◆ Problem details
Of the lines below, count those containing the word "that". Reply with the number alone.

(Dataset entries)
- Opening Delimiter -

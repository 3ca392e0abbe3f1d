-- ===== src/Raft/Sane/Log.antt =====
-- The methods on the term, the log, the commits and the queue, in a group of nodes that talk to each
-- other only.
use mathlib.Core.Path.{subst}
use cs525_project.Common.{
  ℕ, suc, ◌≡◌, Bool, Option, none, some, List, [], ◌∷◌, ◌++◌, All, All-append, arith, length-append,
  length-take, take, true, false, String, zero,
}
use cs525_project.Protocol.{Entry}
use cs525_project.Raft.State.{RaftNode, Role}
use cs525_project.Raft.Log.{
  set_current_role, increment_term, commit_entry, push_entry, cut_log, place_entry, append_entry,
}
use cs525_project.Raft.Client.{get_client_request, pop_request}
use cs525_project.Raft.Relates.{Relates}
use cs525_project.Raft.Sane.{IsHonest, honest, relogged}

All-take : (P : Entry → Type 0) (n : ℕ) (xs : List Entry) → All P xs → All P (take n xs)
All-take P zero xs a = tt
All-take P (suc n) [] a = tt
All-take P (suc n) (x ∷ xs) a = (a.0, All-take P n xs a.1)

popped_legal :
    (P : Entry → Type 0) (queue : List Entry) (s : RaftNode) (e : Entry)
    → All P queue
    → (pop_request queue s).0 ≡ some e
    → P e
popped_legal P [] s e a q = absurd (cc q)
popped_legal P (d ∷ rest) s e a q = let same : d ≡ e = cc q in subst P same a.0

-- Nothing that the predicate speaks of has changed.
module _ {P : Entry → Type 0} {ids : List String} where
  pub set_current_role-IsHonest :
      (role : Role) (s : RaftNode) → IsHonest P ids s → IsHonest P ids (set_current_role role s)
  unfolding set_current_role
  set_current_role-IsHonest role s h = record {
    member = h.member;
    started = h.started;
    entries = h.entries;
    queued = h.queued;
    sent = h.sent;
  }

  pub increment_term-IsHonest :
      (term : Option ℕ) (s : RaftNode) → IsHonest P ids s → IsHonest P ids (increment_term term s)
  unfolding increment_term
  increment_term-IsHonest none s h = record {
    member = h.member;
    started = h.started;
    entries = h.entries;
    queued = h.queued;
    sent = h.sent;
  }
  increment_term-IsHonest (some term) s h = record {
    member = h.member;
    started = h.started;
    entries = h.entries;
    queued = h.queued;
    sent = h.sent;
  }

  pub leader_id-IsHonest :
      (leader : Option String) (s : RaftNode)
      → IsHonest P ids s
      → IsHonest P ids (record s { leader_id = leader })
  leader_id-IsHonest leader s h = record {
    member = h.member;
    started = h.started;
    entries = h.entries;
    queued = h.queued;
    sent = h.sent;
  }

  pub commit_entry-IsHonest :
      (index term : ℕ) (s : RaftNode)
      → IsHonest P ids s
      → IsHonest P ids (commit_entry index term s)
  unfolding commit_entry
  commit_entry-IsHonest index term s h = record {
    member = h.member;
    started = h.started;
    entries = h.entries;
    queued = h.queued;
    sent = h.sent;
  }

  push_entry-IsHonest :
      (e : Entry) (s : RaftNode) → P e → IsHonest P ids s → IsHonest P ids (push_entry e s)
  unfolding push_entry
  push_entry-IsHonest e s p h =
      relogged s (s.log ++ e ∷ []) _ h (omega (arith, length-append s.log (e ∷ [])))
        (All-append P s.log (e ∷ []) h.entries (p, tt))

  cut_log-IsHonest :
      (prev : Option ℕ) (s : RaftNode) → IsHonest P ids s → IsHonest P ids (cut_log prev s).1
  unfolding cut_log
  cut_log-IsHonest none s h = h
  cut_log-IsHonest (some i) s h =
      relogged s (take (suc i) s.log) s.log_hash h
        (omega (arith, length-take (suc i) s.log, h.started)) (All-take P (suc i) s.log h.entries)

  place_entry-IsHonest :
      (e : Entry) (commit : Bool) (prev : ℕ) (last : Option Entry) (s : RaftNode)
      → P e
      → IsHonest P ids s
      → IsHonest P ids (place_entry e commit prev last s).1
  unfolding place_entry
  place_entry-IsHonest e commit prev none s p h = h
  place_entry-IsHonest e true prev (some last) s p h =
      commit_entry-IsHonest prev e.term _ (push_entry-IsHonest e s p h)
  place_entry-IsHonest e false prev (some last) s p h = push_entry-IsHonest e s p h

  pub append_entry-IsHonest :
      (e : Entry) (commit : Bool) (prev : Option ℕ)
      → P e
      → Relates (honest P ids) (append_entry e commit prev)
  unfolding append_entry
  append_entry-IsHonest e commit prev p = record {
    at = λ s h.
        let (index, cut) = cut_log prev s in
        place_entry-IsHonest e commit index _ cut p (cut_log-IsHonest prev s h);
  }

  -- A request is taken from the queue.
  popped :
      (queue : List Entry) (s : RaftNode)
      → All P queue
      → IsHonest P ids s
      → IsHonest P ids (pop_request queue s).1
  popped [] s a h = h
  popped (e ∷ rest) s a h = record {
    member = h.member;
    started = h.started;
    entries = h.entries;
    queued = a.1;
    sent = h.sent;
  }

  pub get_client_request-IsHonest :
      (s : RaftNode) → IsHonest P ids s → IsHonest P ids (get_client_request s).1
  unfolding get_client_request
  get_client_request-IsHonest s h = popped s.client_queue s h.queued h

  pub request-legal :
      (s : RaftNode) (e : Entry) → IsHonest P ids s → (get_client_request s).0 ≡ some e → P e
  unfolding get_client_request
  request-legal s e h q = popped_legal P s.client_queue s e h.queued q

- Closing Delimiter -

◆ Result for this exercise
2